The citizens of the silklands have no name for the city. There are other cities upon the world’s wheel. There are others more celebrated, whether for the rooted topiary birds that line their boulevards, or their sparkling, inverted fountains of wine. Others have taller spires with which to focus the unlight of the phantom moon, or deeper dungeons with which to contain the abysses of desire.

In any of these cities, you may mention the city or the architect, its restless Spider, and no listener will fail to understand which city you mean. The city lies at the intersection of leys that move through seas and continents, and stretch into the vastness beyond the visible stars. The city extends upwards and downwards in preposterous arches and chasm-spanning bridges.

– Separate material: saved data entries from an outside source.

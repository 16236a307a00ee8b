-- ===== src/Sync/Unwound.antt =====
-- An iteration of the loop that unwinds the stages.
use martinez.Base.{
  ℕ, zero, suc, ◌+◌, ◌≤◌, ◌<◌, ◌≡◌, refl, ap, subst, ◌∙◌, ◌⊎◌, inl, inr, false, Option, none, some,
  List, [], ◌∷◌, ◌==◌, ==-self, ltb, if◌then◌else◌, unwrap_or, ok, arith, Bool-cases, ==_iff,
}
use martinez.Sync.Types.{UnwindInput, Stage, Database, lift}
use martinez.Sync.Outcomes.{
  Ends, Ends-bind, Ends-map, Ends-lift, AllStages, AllStages-map, AllStages-rev, AllStages-of_rev,
}
use martinez.Sync.Loop.{rev, Next, again, unwind_while, unwind_stage, unwind_stages, iteration}
use martinez.Sync.Kept.{
  HasStage, HasStage-of_rev, IsLow, IsAbove, KeepsLow, then_KeepsLow, map-KeepsLow, around-KeepsLow,
  still-IsLow,
}

-- What is documented of the table: saved progress is read back, and a commit keeps it.
pub record IsTable {T : Type 0} (database : Database T) : Type 0 where
  pub saved :
      (id p : ℕ) (t t' : T)
      → database.save_progress id p t ≡ ok t'
      → (j : ℕ)
      → database.get_progress j t' ≡ (if id == j then ok (some p) else database.get_progress j t)
  pub committed :
      (t t' : T)
      → database.commit t ≡ ok t'
      → (j : ℕ) → database.get_progress j t' ≡ database.get_progress j t
  pub begun :
      (t t' : T)
      → database.begin_mutable t ≡ ok t'
      → (j : ℕ) → database.get_progress j t' ≡ database.get_progress j t

-- A stage that unwinds lowers its progress, and leaves the saved ones to the loop.
abbrev pub IsUnwindable : {T W : Type 0} → Database T → Stage T W → Type 0
IsUnwindable {T} {W} database stage =
    (input : UnwindInput) (t t' : T) (w w' : W) (p : ℕ)
    → input.unwind_to < input.stage_progress
    → stage.unwind input t w ≡ ok (p, t', w')
    → (p < input.stage_progress)
      × ((j : ℕ) → database.get_progress j t' ≡ database.get_progress j t)

-- What is saved after a stage has kept the table as it was.
pub saved_at :
    {T : Type 0} (database : Database T) (table : IsTable database) (id p : ℕ) (t t₁ t₂ : T)
    → ((j : ℕ) → database.get_progress j t₁ ≡ database.get_progress j t)
    → database.save_progress id p t₁ ≡ ok t₂
    → (j : ℕ)
    → database.get_progress j t₂ ≡ (if id == j then ok (some p) else database.get_progress j t)
saved_at database table id p t t₁ t₂ same saves j =
    table.saved id p t₁ t₂ saves j ∙ ap (λ r. if id == j then ok (some p) else r) (same j)

module _ {T W : Type 0} (database : Database T) (table : IsTable database) (to : ℕ) where
  unwind_while-Ends :
      (fuel : ℕ) (stage : Stage T W) (p : ℕ) (t : T) (w : W) (q : Option ℕ)
      → IsUnwindable database stage
      → p ≤ fuel + to
      → database.get_progress stage.id t ≡ ok q
      → unwrap_or 0 q ≡ p
      → Ends
          (λ (r : T × W).
            IsLow database to stage.id r.0
            × ((to < p) ⊎ (database.get_progress stage.id r.0 ≡ database.get_progress stage.id t))
            × ((j : ℕ)
                → (stage.id == j) ≡ false
                → database.get_progress j r.0 ≡ database.get_progress j t))
          (unwind_while database fuel stage to p t w)
  unfolding unwind_while
  unwind_while-Ends zero stage p t w q u enough found e =
      let low : ltb to p ≡ false = ground arith in
      rw low ((q, found, omega (arith, e)), inr refl, λ j other. refl)
  unwind_while-Ends (suc fuel) stage p t w q u enough found e = elim (Bool-cases (ltb to p)) [
    | inr low ↦ rw low ((q, found, ground (arith, low, e)), inr refl, λ j other. refl)
    | inl above ↦ rw above (
        Ends-bind _ _ (lift (stage.unwind (record { stage_progress = p; unwind_to = to }) t w)) _
          (Ends-lift _)
          (λ (p₁, t₁, w₁) unwound.
            let lower : to < p = ground (arith, above) in
            let (less, same) =
              u (record { stage_progress = p; unwind_to = to }) t t₁ w w₁ p₁ lower unwound in
            Ends-bind _ _ (lift (database.save_progress stage.id p₁ t₁)) _ (Ends-lift _)
              (λ t₂ saves.
                let after = saved_at database table stage.id p₁ t t₁ t₂ same saves in
                let own = after stage.id in
                let rest =
                  unwind_while-Ends fuel stage p₁ t₂ w₁ (some p₁) u (omega (arith, less, enough))
                    (rw ==-self at own) refl in
                Ends-map _ _ (unwind_while database fuel stage to p₁ t₂ w₁) rest
                  (λ r (low, own_entry, kept). (
                    low,
                    inl lower,
                    λ j other. let here = after j in kept j other ∙ (rw other at here),
                  )))))
  ]

  unwind_stage-Ends :
      (stage : Stage T W) (t : T) (w : W)
      → IsUnwindable database stage
      → Ends
          (λ (r : T × W).
            IsLow database to stage.id r.0 × KeepsLow database to (λ j. stage.id ≡ j) t r.0)
          (unwind_stage database stage to t w)
  unfolding unwind_stage
  unwind_stage-Ends stage t w u =
      Ends-bind _ _ (lift (database.get_progress stage.id t)) _ (Ends-lift _) (λ q found.
        Ends-map _ _ (unwind_while database (unwrap_or 0 q) stage to (unwrap_or 0 q) t w)
          (unwind_while-Ends (unwrap_or 0 q) stage (unwrap_or 0 q) t w q u (omega arith) found refl)
          (λ r (low, own, kept). (
            low,
            λ j. elim (Bool-cases (stage.id == j)) [
              | inl same ↦ entry j r q found low own ((==_iff stage.id j).0 same)
              | inr other ↦ inr (kept j other)
            ],
          )))
    where
      entry :
          (j : ℕ) (r : T × W) (q : Option ℕ)
          → database.get_progress stage.id t ≡ ok q
          → IsLow database to stage.id r.0
          → (to < unwrap_or 0 q)
            ⊎ (database.get_progress stage.id r.0 ≡ database.get_progress stage.id t)
          → stage.id ≡ j
          → ((stage.id ≡ j) × IsAbove database to j t × IsLow database to j r.0)
            ⊎ (database.get_progress j r.0 ≡ database.get_progress j t)
      entry j r q found low (inl above) same = inl (
          subst (λ i. (stage.id ≡ i) × IsAbove database to i t × IsLow database to i r.0) same
            (refl, (q, found, above), low))
      entry j r q found low (inr kept) same =
          inr (subst (λ i. database.get_progress i r.0 ≡ database.get_progress i t) same kept)

  unwind_stages-Ends :
      (stages : List (Stage T W)) (t : T) (w : W)
      → AllStages (IsUnwindable database) stages
      → Ends
          (λ (r : T × W).
            AllStages (λ (stage : Stage T W). IsLow database to stage.id r.0) stages
            × KeepsLow database to (HasStage stages) t r.0)
          (unwind_stages database stages to t w)
  unfolding unwind_stages
  unwind_stages-Ends [] t w all = (tt, λ j. inr refl)
  unwind_stages-Ends (stage ∷ rest) t w (first, others) =
      Ends-bind _ _ (unwind_stage database stage to t w) _ (unwind_stage-Ends stage t w first)
        (λ (t₁, w₁) (low, kept).
          Ends-map _ _ (unwind_stages database rest to t₁ w₁) (unwind_stages-Ends rest t₁ w₁ others)
            (λ r (lows, keeps). (
              (still-IsLow database to (HasStage rest) stage.id t₁ r.0 low keeps, lows),
              then_KeepsLow database to (λ j. stage.id ≡ j) (HasStage rest) t t₁ r.0 kept keeps,
            )))

  -- If the table reads back what was saved, and a stage that unwinds lowers its progress each time
  -- and leaves the saved progress to the loop, an iteration that unwinds to a point ends: with an
  -- error, or with a commit and no further request, where every stage has at most the point as its
  -- progress, and only the entry of a listed stage that was above the point can have changed: every
  -- other saved progress, that of a stage at or below the point as well, is as it was before.
  pub iteration-Ends :
      (fuel min_progress : ℕ) (max_block : Option ℕ) (stages : List (Stage T W)) (db : T) (w : W)
      → AllStages (IsUnwindable database) stages
      → Ends
          (λ (r : Next × T × W).
            (r.0 ≡ again none)
            × AllStages (λ (stage : Stage T W). IsLow database to stage.id r.1) stages
            × KeepsLow database to (HasStage stages) db r.1)
          (iteration database fuel min_progress max_block stages (some to) db w)
  unfolding iteration
  iteration-Ends fuel min_progress max_block stages db w all =
      Ends-bind _ _ (lift (database.begin_mutable db)) _ (Ends-lift _) (λ t begins.
        Ends-bind _ _ (unwind_stages database (rev stages) to t w) _
          (unwind_stages-Ends (rev stages) t w (AllStages-rev _ stages all))
          (λ (t₁, w₁) (lows, keeps).
            Ends-bind _ _ (lift (database.commit t₁)) _ (Ends-lift _) (λ db₁ commits.
              let kept : KeepsLow database to (HasStage stages) t₁ db₁ =
                λ j. inr (table.committed t₁ db₁ commits j) in
              (
                refl,
                AllStages-map (λ (stage : Stage T W). IsLow database to stage.id t₁)
                    (λ (stage : Stage T W). IsLow database to stage.id db₁) stages
                    (λ stage low.
                      still-IsLow database to (HasStage stages) stage.id t₁ db₁ low kept)
                    (AllStages-of_rev (λ (stage : Stage T W). IsLow database to stage.id t₁) stages
                      lows),
                around-KeepsLow database to (HasStage stages) db t t₁ db₁ (table.begun db t begins)
                    (map-KeepsLow database to (HasStage (rev stages)) (HasStage stages) t t₁
                      (HasStage-of_rev stages) keeps)
                    (table.committed t₁ db₁ commits),
              ))))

If you listen during the silence following the city’s curfew bells, you can hear the click-click-clicking of the Spider’s slide rule as she checks her calculations.

The librarian

Eskevan Three of Thorns had dropped his lensgear in the gutter. Twice he had been splashed by murky water while determining the best way to retrieve the lens. He had another hour before the water started circulating. Having sullied the yellow-trimmed coat that declared him a licensed librarian, Eskevan felt doubly reluctant either to remove his gauntlets or to plunge them into the water.

There the lensgear gleamed, polished and precise. Enough dithering. He would have to hope that no one questioned his credentials tonight. The master archivist always said a shabby librarian was no librarian at all, but it could not be helped.

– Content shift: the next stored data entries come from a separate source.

unbind {ℓ} :
    {A B : Type 0} {P : Type ℓ} (m : Outcome A) (f : A → Outcome B) {b : B}
    → (m >>= f) ≡ ret b
    → ((a : A) → m ≡ ret a → f a ≡ ret b → P)
    → P
unbind (ret a) f h k = k a refl h
unbind (fail e) f h k = absurd (cc)
unbind unfinished f h k = absurd (cc)

least_le : (o : Option ℕ) (p : ℕ) → (least o p ≤ p) × ((m : ℕ) → o ≡ some m → least o p ≤ m)
least_le none p = (omega arith, λ m e. absurd (cc))
least_le (some k) p = (omega arith, λ m e. ground (arith, e))

is_at-true :
    (m max_block : Option ℕ)
    → is_at m max_block ≡ true
    → (b : ℕ) × (m ≡ some b) × (max_block ≡ some b)
is_at-true none max_block h = absurd (cc)
is_at-true (some m) none h = absurd (cc)
is_at-true (some m) (some b) h = (b, ap some ((==_iff m b).0 h), refl)

chosen : (b : Bool) → (if b then completed else again none) ≡ completed → b ≡ true
chosen true h = refl
chosen false h = absurd (cc)

some-injective : {a b : ℕ} → ◌≡◌ {A = Option ℕ} (some a) (some b) → a ≡ b
some-injective h = cc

Other parts of the city boasted libraries of indexed splendor. Other librarians handled nothing more threatening than curling vellum and tame, untarnished treatises. Eskevan did not aspire to any such thing. In the dimmest hours, he admitted that he exulted in the wayward winds and the grime underfoot, the heady knowledge of the paths words traveled.

He had heard the whispers up and down the city’s tiers, and the whispers distilled into a single warning: The Spider ascends. Eskevan, who lived merely three tiers underground, a child of the chasm’s kindly shallows, could not fathom the depths to which the city descended or the vast distances that the Spider must traverse.

The Spider governed the city’s processes, designing new foundations to withstand the weight of condensed dreams, or selecting the materials that would best gird the city’s gates. If the Spider had roused, it implied that the city was in dire need of restructuring. Eskevan had no desire to involve himself in such troubles.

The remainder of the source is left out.